┌──

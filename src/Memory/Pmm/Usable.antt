-- ===== src/Memory/Pmm/Usable.antt =====
-- Where the pages lie that the memory map has for `pmm_fill` (`src/memory/pmm.c`).
use reddyos_osdev.Base.{
  All, All-append, All-map, ℕ, zero, suc, ◌+◌, ◌-◌, ◌*◌, ◌/◌, ◌%◌, ◌^◌, ◌≤◌, ◌<◌, ◌≡◌, ◌⊎◌, inl,
  inr, List, [], ◌∷◌, Bool-cases, arith, ◌==◌, ltb, ◌&&◌,
}
use reddyos_osdev.Memory.Page.{align_up_page, align_down_page}
use reddyos_osdev.Memory.Pmm.{Entry, aligned_start, aligned_end, limine_memmap_usable}
use reddyos_osdev.Memory.Pmm.Regions.{
  page_run, first_page, entry_pages, pages_from, Fits, AllFit, aligned_end-le, aligned_start_bounds,
}

-- The page at `p` lies in a usable entry.
abbrev pub InUsable : List Entry → ℕ → Type 0
InUsable [] p = ⊥
InUsable (e ∷ es) p =
    ((e.kind ≡ limine_memmap_usable) × (e.base ≤ p) × (p + 4096 ≤ e.base + e.span)) ⊎ InUsable es p

abbrev pub IsGoodPage : List Entry → ℕ → Type 0
IsGoodPage entries p = (p % 4096 ≡ 0) × (0x100000 ≤ p) × InUsable entries p

aligned_bounds :
    (e : Entry)
    → Fits e
    → (aligned_start e % 4096 ≡ 0) × (0x100000 ≤ aligned_start e) × (aligned_end e % 4096 ≡ 0)
unfolding aligned_start aligned_end
aligned_bounds e f = (
  ground (arith, align_up_page e.base (omega arith)),
  ground (arith, align_up_page e.base (omega arith)),
  omega (arith, align_down_page ((e.base + e.span) % 2 ^ 64) (omega arith)),
)

page_run-All :
    (p n top : ℕ)
    → p % 4096 ≡ 0
    → p + 4096 * n ≤ top
    → All (λ q. (q % 4096 ≡ 0) × (p ≤ q) × (q + 4096 ≤ top)) (page_run p n)
page_run-All p zero top a h = tt
page_run-All p (suc n) top a h = (
  (a, omega arith, omega arith),
  All-map _ _ (page_run (p + 4096) n) (λ q r. (r.0, omega (arith, r.1), r.2))
      (page_run-All (p + 4096) n top (omega arith) (omega arith)),
)

entry_pages-All :
    (e : Entry)
    → Fits e
    → All
        (λ p.
          (p % 4096 ≡ 0)
          × (0x100000 ≤ p)
          × (e.kind ≡ limine_memmap_usable)
          × (e.base ≤ p)
          × (p + 4096 ≤ e.base + e.span))
        (entry_pages e 0)
unfolding entry_pages first_page
entry_pages-All e f =
    elim (Bool-cases (e.kind == limine_memmap_usable && ltb (aligned_start e) (aligned_end e))) [
      | inl good ↦
          let usable : e.kind ≡ limine_memmap_usable = ground arith in
          let room : aligned_start e < aligned_end e = ground arith in
          let n = (aligned_end e - aligned_start e) / 4096 in
          let run : entry_pages e 0 ≡ page_run (aligned_start e) n = ground arith in
          let b = aligned_bounds e f in
          let s = aligned_start_bounds e f in
          let t = aligned_end-le e f in
          rw run (
            All-map _ _ (page_run (aligned_start e) n)
              (λ q r. (
                r.0,
                omega (arith, r.1, b.1),
                usable,
                omega (arith, r.1, s.0),
                omega (arith, r.2, t),
              ))
              (page_run-All (aligned_start e) n (aligned_end e) b.0 (omega arith)))
      | inr skip ↦ let nothing : entry_pages e 0 ≡ [] = ground arith in rw nothing tt
    ]

-- Every page that the memory map yields is page-aligned, lies at or above 1 MiB, and lies wholly
-- inside one usable entry, for entries that end below the top of the address space.
pub pages_from-IsGoodPage :
    (entries : List Entry) → AllFit entries → All (IsGoodPage entries) (pages_from entries 0)
unfolding pages_from
pages_from-IsGoodPage [] f = tt
pages_from-IsGoodPage (e ∷ es) f =
    All-append _ (entry_pages e 0) (pages_from es 0)
      (All-map _ _ (entry_pages e 0) (λ p r. (r.0, r.1, inl (r.2, r.3, r.4)))
        (entry_pages-All e f.0))
      (All-map _ _ (pages_from es 0) (λ p r. (r.0, r.1, inr r.2)) (pages_from-IsGoodPage es f.1))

└──

### Assigned task
Using the records above, restate word for word the lines from the one with "let n = (aligned_end" through the one with "(page_run-All (aligned_start e)", both included.

### Problem solution
          let n = (aligned_end e - aligned_start e) / 4096 in
          let run : entry_pages e 0 ≡ page_run (aligned_start e) n = ground arith in
          let b = aligned_bounds e f in
          let s = aligned_start_bounds e f in
          let t = aligned_end-le e f in
          rw run (
            All-map _ _ (page_run (aligned_start e) n)
              (λ q r. (
                r.0,
                omega (arith, r.1, b.1),
                usable,
                omega (arith, r.1, s.0),
                omega (arith, r.2, t),
              ))
              (page_run-All (aligned_start e) n (aligned_end e) b.0 (omega arith)))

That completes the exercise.